** INFORMATION SHOWN follows **

-- ===== src/Collect/MapLine.antt =====
-- A line of `/proc/[pid]/uid_map` as the kernel prints it, and `IdMapping::try_from` of
-- src/c_config/user_ns.rs.
use Prim.Native.Char.{Char, char, code}
use mathlib.Core.Path.{subst}
use text.Mathlib.TextLemmas.{nil-append, cons-append, append-nil, append_assoc}
use text.Mathlib.TextEquality.{eq_iff}
use checkc.Base.{
  ℕ, zero, suc, ◌^◌, ◌<◌, String, ◌≡◌, refl, ◌∙◌, sym, ap, true, false, not, ◌↔◌, List, [], ◌∷◌, ok,
  >>=-eq-ok, arith, ◌==◌, nat_eq, string_eq, Bool-cases, inl, inr,
}
use checkc.Base.Sets.{filter}
use checkc.Base.Paths.{prepend}
use checkc.Base.Text.{◌<>◌, show_ℕ}
use checkc.Proto.Host.{IdMapping}
use checkc.Collect.Numbers.{is_ascii_whitespace, is_digit, pieces, words, tabs_to_spaces, parse_u32}
use checkc.Collect.UserNs.{mapping_of_words, mapping_try_from}
use checkc.Collect.Numerals.{
  all_digits, is_numeral, is_numeral-all_digits, is_numeral-show, parse_u32-show, parse_u32-lt,
}

-- A number of spaces.
unfoldable pub spaces : ℕ → String
spaces zero = ""
spaces (suc n) = " " <> spaces n

-- Three numbers, each behind padding, and at least one space between two.
unfoldable pub id_map_line : ℕ → ℕ → ℕ → IdMapping → String
unfolding spaces
id_map_line a b c m =
    spaces a
    <> show_ℕ m.current
    <> spaces (suc b)
    <> show_ℕ m.parent
    <> spaces (suc c)
    <> show_ℕ m.range

digit-no_space : (c : ℕ) → is_digit c ≡ true → is_ascii_whitespace c ≡ false
unfolding is_digit is_ascii_whitespace
digit-no_space c h = ground (arith, h)

digit-no_tab : (c : ℕ) → is_digit c ≡ true → (c == 9) ≡ false
unfolding is_digit
digit-no_tab c h = ground (arith, h)

-- Digits in front of the first piece.
pieces-digits :
    (s t : String) (p : String) (ps : List String)
    → all_digits s ≡ true
    → pieces t ≡ p ∷ ps
    → pieces (s <> t) ≡ (s <> p) ∷ ps
unfolding pieces all_digits prepend is_ascii_whitespace is_digit
pieces-digits String.[] t p ps h k =
    ap pieces (nil-append t) ∙ k ∙ ap (λ x. x ∷ ps) (sym (nil-append p))
pieces-digits (String.◌∷◌ c s) t p ps h k =
    let ih = pieces-digits s t p ps (ground (arith, h)) k in
    ap pieces (cons-append c s t)
    ∙ rw (ih, digit-no_space (code c) (ground (arith, h)))
        (ap (λ x. x ∷ ps) (sym (cons-append c s p)))

pieces-space : (t : String) → pieces (" " <> t) ≡ "" ∷ pieces t
unfolding pieces is_ascii_whitespace
pieces-space t = ap pieces (cons-append _ "" t) ∙ ap (λ x. "" ∷ pieces x) (nil-append t)

words-space : (t : String) → words (" " <> t) ≡ words t
unfolding words filter
words-space t = ap (filter (λ w. not (w == ""))) (pieces-space t)

words-spaces : (n : ℕ) (t : String) → words (spaces n <> t) ≡ words t
unfolding spaces
words-spaces zero t = ap words (nil-append t)
words-spaces (suc n) t =
    ap words (append_assoc " " (spaces n) t) ∙ words-space (spaces n <> t) ∙ words-spaces n t

numeral-not_empty : (s : String) → is_numeral s ≡ true → (s == "") ≡ false
unfolding is_numeral
numeral-not_empty s h = elim (Bool-cases (s == "")) [
  | inl y ↦ absurd (cc (h, ap is_numeral ((eq_iff s "").0 y)))
  | inr n ↦ n
]

-- A numeral in front of a space, and at the end.
words-numeral : (s t : String) → is_numeral s ≡ true → words (s <> " " <> t) ≡ s ∷ words t
unfolding words filter
words-numeral s t h =
    rw
      (
        pieces-digits s (" " <> t) "" (pieces t) (is_numeral-all_digits s h) (pieces-space t),
        append-nil s,
        numeral-not_empty s h,
      )
      refl

words-after :
    (k : ℕ) (s t : String) → is_numeral s ≡ true → words (s <> spaces (suc k) <> t) ≡ s ∷ words t
unfolding spaces
words-after k s t h =
    ap (λ x. words (s <> x)) (append_assoc " " (spaces k) t)
    ∙ words-numeral s (spaces k <> t) h
    ∙ ap (λ x. s ∷ x) (words-spaces k t)

words-last : (s : String) → is_numeral s ≡ true → words s ≡ s ∷ []
unfolding words filter pieces
words-last s h =
    ap words (sym (append-nil s))
    ∙ rw
        (
          pieces-digits s "" "" [] (is_numeral-all_digits s h) refl,
          append-nil s,
          numeral-not_empty s h,
        )
        refl

-- The numbers of a line.
words-id_map_line :
    (a b c : ℕ) (m : IdMapping)
    → words (id_map_line a b c m) ≡ show_ℕ m.current ∷ show_ℕ m.parent ∷ show_ℕ m.range ∷ []
unfolding id_map_line spaces
words-id_map_line a b c m =
    let last = words-last (show_ℕ m.range) (is_numeral-show m.range) in
    let second = words-after c (show_ℕ m.parent) (show_ℕ m.range) (is_numeral-show m.parent) in
    let rest = show_ℕ m.parent <> spaces (suc c) <> show_ℕ m.range in
    let first = words-after b (show_ℕ m.current) rest (is_numeral-show m.current) in
    words-spaces a (show_ℕ m.current <> spaces (suc b) <> rest)
    ∙ first
    ∙ ap (λ x. show_ℕ m.current ∷ x) (second ∙ ap (λ x. show_ℕ m.parent ∷ x) last)

-- A text without tabs is left as it is.
tabs-digits : (s t : String) → all_digits s ≡ true → tabs_to_spaces (s <> t) ≡ s <> tabs_to_spaces t
unfolding tabs_to_spaces all_digits is_digit
tabs-digits String.[] t h = ap tabs_to_spaces (nil-append t) ∙ sym (nil-append (tabs_to_spaces t))
tabs-digits (String.◌∷◌ c s) t h =
    ap tabs_to_spaces (cons-append c s t)
    ∙ rw (tabs-digits s t (ground (arith, h)), digit-no_tab (code c) (ground (arith, h)))
        (sym (cons-append c s (tabs_to_spaces t)))

abbrev space : Char
space = char 32 tt

tabs-space : (t : String) → tabs_to_spaces (" " <> t) ≡ " " <> tabs_to_spaces t
unfolding tabs_to_spaces
tabs-space t =
    ap tabs_to_spaces (cons-append space "" t)
    ∙ ap (λ x. String.◌∷◌ space (tabs_to_spaces x)) (nil-append t)
    ∙ ap (String.◌∷◌ space) (sym (nil-append (tabs_to_spaces t)))
    ∙ sym (cons-append space "" (tabs_to_spaces t))

tabs-spaces : (n : ℕ) (t : String) → tabs_to_spaces (spaces n <> t) ≡ spaces n <> tabs_to_spaces t
unfolding spaces
tabs-spaces zero t = ap tabs_to_spaces (nil-append t) ∙ sym (nil-append (tabs_to_spaces t))
tabs-spaces (suc n) t =
    ap tabs_to_spaces (append_assoc " " (spaces n) t)
    ∙ tabs-space (spaces n <> t)
    ∙ ap (λ x. " " <> x) (tabs-spaces n t)
    ∙ sym (append_assoc " " (spaces n) (tabs_to_spaces t))

tabs-number : (n : ℕ) (t : String) → tabs_to_spaces (show_ℕ n <> t) ≡ show_ℕ n <> tabs_to_spaces t
tabs-number n t = tabs-digits (show_ℕ n) t (is_numeral-all_digits (show_ℕ n) (is_numeral-show n))

tabs-last : (n : ℕ) → tabs_to_spaces (show_ℕ n) ≡ show_ℕ n
unfolding tabs_to_spaces
tabs-last n =
    ap tabs_to_spaces (sym (append-nil (show_ℕ n))) ∙ tabs-number n "" ∙ append-nil (show_ℕ n)

tabs-id_map_line :
    (a b c : ℕ) (m : IdMapping) → tabs_to_spaces (id_map_line a b c m) ≡ id_map_line a b c m
unfolding id_map_line
tabs-id_map_line a b c m =
    let third =
      tabs-spaces (suc c) (show_ℕ m.range) ∙ ap (λ x. spaces (suc c) <> x) (tabs-last m.range) in
    let fourth = spaces (suc c) <> show_ℕ m.range in
    let second = tabs-number m.parent fourth ∙ ap (λ x. show_ℕ m.parent <> x) third in
    let rest = show_ℕ m.parent <> fourth in
    let gap = tabs-spaces (suc b) rest ∙ ap (λ x. spaces (suc b) <> x) second in
    tabs-spaces a (show_ℕ m.current <> spaces (suc b) <> rest)
    ∙ ap (λ x. spaces a <> x)
        (tabs-number m.current (spaces (suc b) <> rest) ∙ ap (λ x. show_ℕ m.current <> x) gap)

-- Each of the three numbers fits a `u32`.
abbrev pub Fits : IdMapping → Type 0
Fits m = (m.current < 2 ^ 32) × (m.parent < 2 ^ 32) × (m.range < 2 ^ 32)

mapping_of_words-show :
    (m : IdMapping)
    → Fits m
    → mapping_of_words (show_ℕ m.current ∷ show_ℕ m.parent ∷ show_ℕ m.range ∷ []) ≡ ok m
unfolding mapping_of_words
mapping_of_words-show m (h, k, l) =
    rw (parse_u32-show m.current h, parse_u32-show m.parent k, parse_u32-show m.range l) refl

mapping_of_words-Fits :
    (m n : IdMapping)
    → mapping_of_words (show_ℕ n.current ∷ show_ℕ n.parent ∷ show_ℕ n.range ∷ []) ≡ ok m
    → Fits m
unfolding mapping_of_words
mapping_of_words-Fits m n h =
    let (a, p, h1) = >>=-eq-ok (parse_u32 (show_ℕ n.current)) _ h in
    let (b, q, h2) = >>=-eq-ok (parse_u32 (show_ℕ n.parent)) _ h1 in
    let (c, r, h3) = >>=-eq-ok (parse_u32 (show_ℕ n.range)) _ h2 in
    subst Fits (cc h3) (
      parse_u32-lt (show_ℕ n.current) (is_numeral-show n.current) p,
      parse_u32-lt (show_ℕ n.parent) (is_numeral-show n.parent) q,
      parse_u32-lt (show_ℕ n.range) (is_numeral-show n.range) r,
    )

-- A mapping that is printed as a line, its three numbers padded with any number of spaces, is what
-- the line is parsed to exactly when each of the numbers fits a `u32`.
pub mapping_try_from-line :
    (a b c : ℕ) (m : IdMapping) → (mapping_try_from (id_map_line a b c m) ≡ ok m) ↔ Fits m
unfolding mapping_try_from
mapping_try_from-line a b c m =
    let read = ap words (tabs-id_map_line a b c m) ∙ words-id_map_line a b c m in
    (
      λ h. mapping_of_words-Fits m m (sym (ap mapping_of_words read) ∙ h),
      λ fits. ap mapping_of_words read ∙ mapping_of_words-show m fits,
    )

** End of INFORMATION SHOWN **

== EXERCISE ==
From the line containing "let (b, q, h2)" down to the line containing "parse_u32-lt (show_ℕ n.current)" in the material above, reproduce every line exactly, including the two end lines.

== EXPECTED ANSWER ==
    let (b, q, h2) = >>=-eq-ok (parse_u32 (show_ℕ n.parent)) _ h1 in
    let (c, r, h3) = >>=-eq-ok (parse_u32 (show_ℕ n.range)) _ h2 in
    subst Fits (cc h3) (
      parse_u32-lt (show_ℕ n.current) (is_numeral-show n.current) p,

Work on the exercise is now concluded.